Dataset entries:
• • • • •

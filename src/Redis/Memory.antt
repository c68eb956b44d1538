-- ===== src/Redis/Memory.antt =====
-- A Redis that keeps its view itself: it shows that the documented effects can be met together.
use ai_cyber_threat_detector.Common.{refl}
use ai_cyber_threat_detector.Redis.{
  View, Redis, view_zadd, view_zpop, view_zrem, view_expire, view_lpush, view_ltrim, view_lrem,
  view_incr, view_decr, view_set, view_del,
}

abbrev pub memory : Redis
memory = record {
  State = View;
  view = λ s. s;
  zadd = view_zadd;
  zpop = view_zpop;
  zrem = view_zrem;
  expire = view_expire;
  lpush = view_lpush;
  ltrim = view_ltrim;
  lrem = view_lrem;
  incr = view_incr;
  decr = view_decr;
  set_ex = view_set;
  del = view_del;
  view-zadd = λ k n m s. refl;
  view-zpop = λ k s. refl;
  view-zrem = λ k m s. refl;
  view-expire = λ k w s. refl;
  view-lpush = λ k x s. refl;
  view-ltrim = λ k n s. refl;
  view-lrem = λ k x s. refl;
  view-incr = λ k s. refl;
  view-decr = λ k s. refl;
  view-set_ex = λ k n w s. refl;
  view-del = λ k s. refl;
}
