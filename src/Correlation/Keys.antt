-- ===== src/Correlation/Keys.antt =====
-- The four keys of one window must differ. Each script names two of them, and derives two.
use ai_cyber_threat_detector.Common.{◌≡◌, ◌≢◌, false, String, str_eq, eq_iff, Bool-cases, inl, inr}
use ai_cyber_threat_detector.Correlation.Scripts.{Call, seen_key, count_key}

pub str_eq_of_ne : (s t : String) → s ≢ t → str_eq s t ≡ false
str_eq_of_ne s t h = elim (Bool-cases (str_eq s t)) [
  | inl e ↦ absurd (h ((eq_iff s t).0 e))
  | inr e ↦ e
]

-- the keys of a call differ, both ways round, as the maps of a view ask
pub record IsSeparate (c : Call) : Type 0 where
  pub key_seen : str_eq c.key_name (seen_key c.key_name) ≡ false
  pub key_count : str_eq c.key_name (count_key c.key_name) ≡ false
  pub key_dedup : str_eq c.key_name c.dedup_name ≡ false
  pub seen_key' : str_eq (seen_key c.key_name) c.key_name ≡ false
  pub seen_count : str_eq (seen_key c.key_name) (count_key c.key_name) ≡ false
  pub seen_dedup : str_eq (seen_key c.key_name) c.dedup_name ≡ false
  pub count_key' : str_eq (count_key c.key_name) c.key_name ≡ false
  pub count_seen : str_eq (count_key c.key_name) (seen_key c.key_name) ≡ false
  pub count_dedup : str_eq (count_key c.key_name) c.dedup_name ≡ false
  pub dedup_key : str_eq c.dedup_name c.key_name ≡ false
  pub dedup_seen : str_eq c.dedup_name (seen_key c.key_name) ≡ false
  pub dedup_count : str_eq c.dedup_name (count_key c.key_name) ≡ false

• • • • •

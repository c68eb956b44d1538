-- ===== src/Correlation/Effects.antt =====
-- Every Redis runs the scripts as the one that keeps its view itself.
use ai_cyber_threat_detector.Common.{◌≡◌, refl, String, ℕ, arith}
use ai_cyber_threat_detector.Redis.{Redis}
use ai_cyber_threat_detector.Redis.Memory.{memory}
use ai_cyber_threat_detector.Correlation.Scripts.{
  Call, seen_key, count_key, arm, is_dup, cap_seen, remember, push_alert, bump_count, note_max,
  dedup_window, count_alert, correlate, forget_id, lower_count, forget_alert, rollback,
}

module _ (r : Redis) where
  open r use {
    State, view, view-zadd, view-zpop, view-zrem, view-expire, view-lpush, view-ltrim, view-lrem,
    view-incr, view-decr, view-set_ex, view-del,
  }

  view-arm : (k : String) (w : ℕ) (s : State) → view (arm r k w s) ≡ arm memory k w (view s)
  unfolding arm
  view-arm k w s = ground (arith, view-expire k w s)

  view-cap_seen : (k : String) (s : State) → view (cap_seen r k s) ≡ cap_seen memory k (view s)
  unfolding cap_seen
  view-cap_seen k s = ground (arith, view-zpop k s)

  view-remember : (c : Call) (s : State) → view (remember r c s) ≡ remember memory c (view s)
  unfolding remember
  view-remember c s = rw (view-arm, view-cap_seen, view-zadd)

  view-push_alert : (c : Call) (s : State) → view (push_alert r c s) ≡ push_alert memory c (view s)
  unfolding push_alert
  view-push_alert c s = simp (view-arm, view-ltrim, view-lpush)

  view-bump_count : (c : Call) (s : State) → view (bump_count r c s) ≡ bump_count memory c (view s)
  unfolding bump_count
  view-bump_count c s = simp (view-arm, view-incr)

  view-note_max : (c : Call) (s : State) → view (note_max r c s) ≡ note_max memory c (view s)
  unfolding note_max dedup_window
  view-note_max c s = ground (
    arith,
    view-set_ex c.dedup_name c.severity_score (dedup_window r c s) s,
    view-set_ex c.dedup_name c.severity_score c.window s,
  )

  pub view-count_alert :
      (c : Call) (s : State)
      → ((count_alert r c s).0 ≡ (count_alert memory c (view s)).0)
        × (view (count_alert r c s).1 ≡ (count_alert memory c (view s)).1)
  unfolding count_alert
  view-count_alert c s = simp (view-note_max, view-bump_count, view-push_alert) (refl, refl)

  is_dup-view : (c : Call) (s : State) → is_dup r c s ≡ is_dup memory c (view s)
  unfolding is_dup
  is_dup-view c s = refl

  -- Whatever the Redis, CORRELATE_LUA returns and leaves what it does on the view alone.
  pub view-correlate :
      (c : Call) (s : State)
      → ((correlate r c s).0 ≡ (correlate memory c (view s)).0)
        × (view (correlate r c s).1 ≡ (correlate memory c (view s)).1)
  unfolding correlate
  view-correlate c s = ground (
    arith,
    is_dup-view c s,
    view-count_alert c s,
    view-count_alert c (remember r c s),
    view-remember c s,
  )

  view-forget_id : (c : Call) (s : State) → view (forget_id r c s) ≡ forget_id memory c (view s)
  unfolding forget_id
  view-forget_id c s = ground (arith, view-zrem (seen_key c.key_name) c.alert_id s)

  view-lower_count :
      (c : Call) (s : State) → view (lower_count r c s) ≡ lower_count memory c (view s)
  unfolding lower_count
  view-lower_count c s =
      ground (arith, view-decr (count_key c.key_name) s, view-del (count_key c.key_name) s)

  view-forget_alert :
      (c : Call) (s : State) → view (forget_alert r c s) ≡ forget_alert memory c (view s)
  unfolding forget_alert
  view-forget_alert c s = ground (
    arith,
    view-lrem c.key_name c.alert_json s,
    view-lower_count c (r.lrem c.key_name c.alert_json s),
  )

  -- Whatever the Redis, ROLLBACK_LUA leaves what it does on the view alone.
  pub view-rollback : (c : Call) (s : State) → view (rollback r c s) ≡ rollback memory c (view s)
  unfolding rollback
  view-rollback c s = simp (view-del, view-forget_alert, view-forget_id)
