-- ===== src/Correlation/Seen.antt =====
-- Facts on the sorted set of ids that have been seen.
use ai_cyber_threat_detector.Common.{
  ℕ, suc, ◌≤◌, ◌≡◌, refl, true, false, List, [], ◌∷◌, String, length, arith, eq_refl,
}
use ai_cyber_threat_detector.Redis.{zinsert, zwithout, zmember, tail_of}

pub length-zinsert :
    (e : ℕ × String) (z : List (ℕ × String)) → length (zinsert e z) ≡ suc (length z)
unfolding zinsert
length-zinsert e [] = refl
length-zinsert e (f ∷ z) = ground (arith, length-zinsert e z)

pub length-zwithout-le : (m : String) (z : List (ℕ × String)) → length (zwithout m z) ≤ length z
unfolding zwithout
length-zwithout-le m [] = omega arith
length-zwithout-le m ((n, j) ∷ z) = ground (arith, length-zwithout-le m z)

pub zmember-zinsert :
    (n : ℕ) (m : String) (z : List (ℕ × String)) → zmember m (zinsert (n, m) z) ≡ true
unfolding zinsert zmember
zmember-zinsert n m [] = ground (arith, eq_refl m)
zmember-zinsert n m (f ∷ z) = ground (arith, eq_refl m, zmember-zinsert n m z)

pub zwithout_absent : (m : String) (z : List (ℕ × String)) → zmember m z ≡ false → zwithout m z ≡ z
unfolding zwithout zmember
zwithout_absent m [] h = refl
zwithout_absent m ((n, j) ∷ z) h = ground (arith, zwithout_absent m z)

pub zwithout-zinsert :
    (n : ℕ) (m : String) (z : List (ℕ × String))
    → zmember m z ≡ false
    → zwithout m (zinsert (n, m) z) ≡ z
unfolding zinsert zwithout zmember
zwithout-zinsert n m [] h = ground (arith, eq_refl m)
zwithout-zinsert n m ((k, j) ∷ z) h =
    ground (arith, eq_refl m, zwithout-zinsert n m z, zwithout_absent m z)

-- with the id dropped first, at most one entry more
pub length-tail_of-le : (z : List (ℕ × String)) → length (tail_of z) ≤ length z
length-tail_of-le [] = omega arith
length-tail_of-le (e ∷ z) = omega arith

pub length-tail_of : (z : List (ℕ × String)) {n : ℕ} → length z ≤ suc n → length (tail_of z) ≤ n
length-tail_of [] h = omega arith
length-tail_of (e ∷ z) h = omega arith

• • • • •

Your task: Look above for the line with "view = λ s. s;" and the line with "pub dedup_count : str_eq", and reproduce exactly those two lines plus every line between, nothing more.

Problem solution:
  view = λ s. s;
  zadd = view_zadd;
  zpop = view_zpop;
  zrem = view_zrem;
  expire = view_expire;
  lpush = view_lpush;
  ltrim = view_ltrim;
  lrem = view_lrem;
  incr = view_incr;
  decr = view_decr;
  set_ex = view_set;
  del = view_del;
  view-zadd = λ k n m s. refl;
  view-zpop = λ k s. refl;
  view-zrem = λ k m s. refl;
  view-expire = λ k w s. refl;
  view-lpush = λ k x s. refl;
  view-ltrim = λ k n s. refl;
  view-lrem = λ k x s. refl;
  view-incr = λ k s. refl;
  view-decr = λ k s. refl;
  view-set_ex = λ k n w s. refl;
  view-del = λ k s. refl;
}
filename src/Correlation/Keys.antt
-- ===== src/Correlation/Keys.antt =====
-- The four keys of one window must differ. Each script names two of them, and derives two.
use ai_cyber_threat_detector.Common.{◌≡◌, ◌≢◌, false, String, str_eq, eq_iff, Bool-cases, inl, inr}
use ai_cyber_threat_detector.Correlation.Scripts.{Call, seen_key, count_key}

pub str_eq_of_ne : (s t : String) → s ≢ t → str_eq s t ≡ false
str_eq_of_ne s t h = elim (Bool-cases (str_eq s t)) [
  | inl e ↦ absurd (h ((eq_iff s t).0 e))
  | inr e ↦ e
]

-- the keys of a call differ, both ways round, as the maps of a view ask
pub record IsSeparate (c : Call) : Type 0 where
  pub key_seen : str_eq c.key_name (seen_key c.key_name) ≡ false
  pub key_count : str_eq c.key_name (count_key c.key_name) ≡ false
  pub key_dedup : str_eq c.key_name c.dedup_name ≡ false
  pub seen_key' : str_eq (seen_key c.key_name) c.key_name ≡ false
  pub seen_count : str_eq (seen_key c.key_name) (count_key c.key_name) ≡ false
  pub seen_dedup : str_eq (seen_key c.key_name) c.dedup_name ≡ false
  pub count_key' : str_eq (count_key c.key_name) c.key_name ≡ false
  pub count_seen : str_eq (count_key c.key_name) (seen_key c.key_name) ≡ false
  pub count_dedup : str_eq (count_key c.key_name) c.dedup_name ≡ false
  pub dedup_key : str_eq c.dedup_name c.key_name ≡ false
  pub dedup_seen : str_eq c.dedup_name (seen_key c.key_name) ≡ false
  pub dedup_count : str_eq c.dedup_name (count_key c.key_name) ≡ false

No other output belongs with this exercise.